Priest: may God rest his soul
*casket begins to lower*
*I start clapping*
*everyone looks at me*
Me: sorry was that not the end of it
Do I like to live dangerously?
I wrote this without my glasses on so what do you thick
[checking into a hotel]
Front desk employee: Thank you ma’am, we’ll make up a room for you right away
Me: aren’t… aren’t there real rooms here
DATE: What’s your favourite movie?
ME: Kill Bill
DATE: Oh. I prefer things more sophisticated
ME [long pause] Killiam William
So if Mary had baby Jesus, and baby Jesus was the Lamb of God…
Did Mary have a little lamb?
I’m sure a spider is never scrutinized for spending too much time on the web.

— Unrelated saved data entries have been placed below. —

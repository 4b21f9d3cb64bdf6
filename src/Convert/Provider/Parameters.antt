-- ===== src/Convert/Provider/Parameters.antt =====
-- The provisioning parameters that a v1alpha1 provider is given in v1beta1.
use dbaas_operator.Prelude.{
  elements, String, ◌≡◌, refl, Option, none, some, List, [], ◌∷◌, arith, ◌==◌, eq_iff, false,
  is_empty, if◌then◌else◌,
}
use dbaas_operator.Prelude.GoMap.{GoMap, insert, lookup, lookup-insert}
use dbaas_operator.Api.V1alpha1
use dbaas_operator.Api.V1alpha1.{InstanceParameterSpec}
use dbaas_operator.Api.V1beta1
use dbaas_operator.Api.V1beta1.{ProvisioningParameter}
use dbaas_operator.Convert.Names.{convert_name_to}
use dbaas_operator.Convert.Provider.{parameter_of, add_parameters, hosting_plan, convert_to}

-- The last spec whose name is converted to `k`.
unfoldable pub last_spec :
    String → String → List InstanceParameterSpec → Option InstanceParameterSpec
last_spec provider k [] = none
last_spec provider k (v ∷ specs) = elim (last_spec provider k specs) [
  | some w ↦ some w
  | none ↦ if convert_name_to provider v.name == k then some v else none
]

-- The parameter made from it, and else `other`.
abbrev pub parameter_or :
    String
    → Option ProvisioningParameter
    → Option InstanceParameterSpec
    → Option ProvisioningParameter
parameter_or k other none = other
parameter_or k other (some v) = some (parameter_of k v)

lookup-add_parameters :
    (provider k : String) (specs : List InstanceParameterSpec) (m : GoMap ProvisioningParameter)
    → is_empty k ≡ false
    → lookup k (add_parameters provider specs m)
      ≡ parameter_or k (lookup k m) (last_spec provider k specs)
unfolding add_parameters last_spec
lookup-add_parameters provider k [] m h = refl
lookup-add_parameters provider k (v ∷ specs) m h =
    let name = convert_name_to provider v.name in
    let m' = if is_empty name then m else insert name (parameter_of name v) m in
    ground (
      arith,
      lookup-add_parameters provider k specs m' h,
      lookup-insert name k (parameter_of name v) m,
      eq_iff name k,
      eq_iff name "",
    )

-- A parameter of the provider in v1beta1, by its name: the plan is the free trial, and any other is
-- made from the last spec whose name is converted to it.
pub lookup-convert_to :
    (p : V1alpha1.DbaasProvider) (k : String)
    → is_empty k ≡ false
    → lookup k (convert_to p).spec.provisioning_parameters ≡ (
        if V1beta1.provisioning_plan == k
        then some hosting_plan
        else parameter_or k none
            (last_spec p.meta.name k (elements p.spec.instance_parameter_specs)))
unfolding convert_to lookup
lookup-convert_to p k h = ground (
  arith,
  lookup-insert V1beta1.provisioning_plan k hosting_plan
      (add_parameters p.meta.name (elements p.spec.instance_parameter_specs) []),
  lookup-add_parameters p.meta.name k (elements p.spec.instance_parameter_specs) [] h,
)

My youngest just learned that he and his older brother have the same last name. He said, “You mean you never told me this?!” 😆
*first day as a firefighter*
I don’t think this place is open for lunch, it’s on fire
Every night at I say baby do you want to snuggle and watch tiktok
He hands me the remote and goes to bed
And that’s how it’s done
A comma is just a period with a mullet.
whenever i feel like i hate my job i remind myself that i could be a food taster for the emperor.
I’ve never been to hell, but I once forgot to buy batteries for my 6 year old son’s toys on Christmas morning.
Women and electronics aren’t very similar until they both freak out on you for throwing water on them while they’re in “sleep mode”.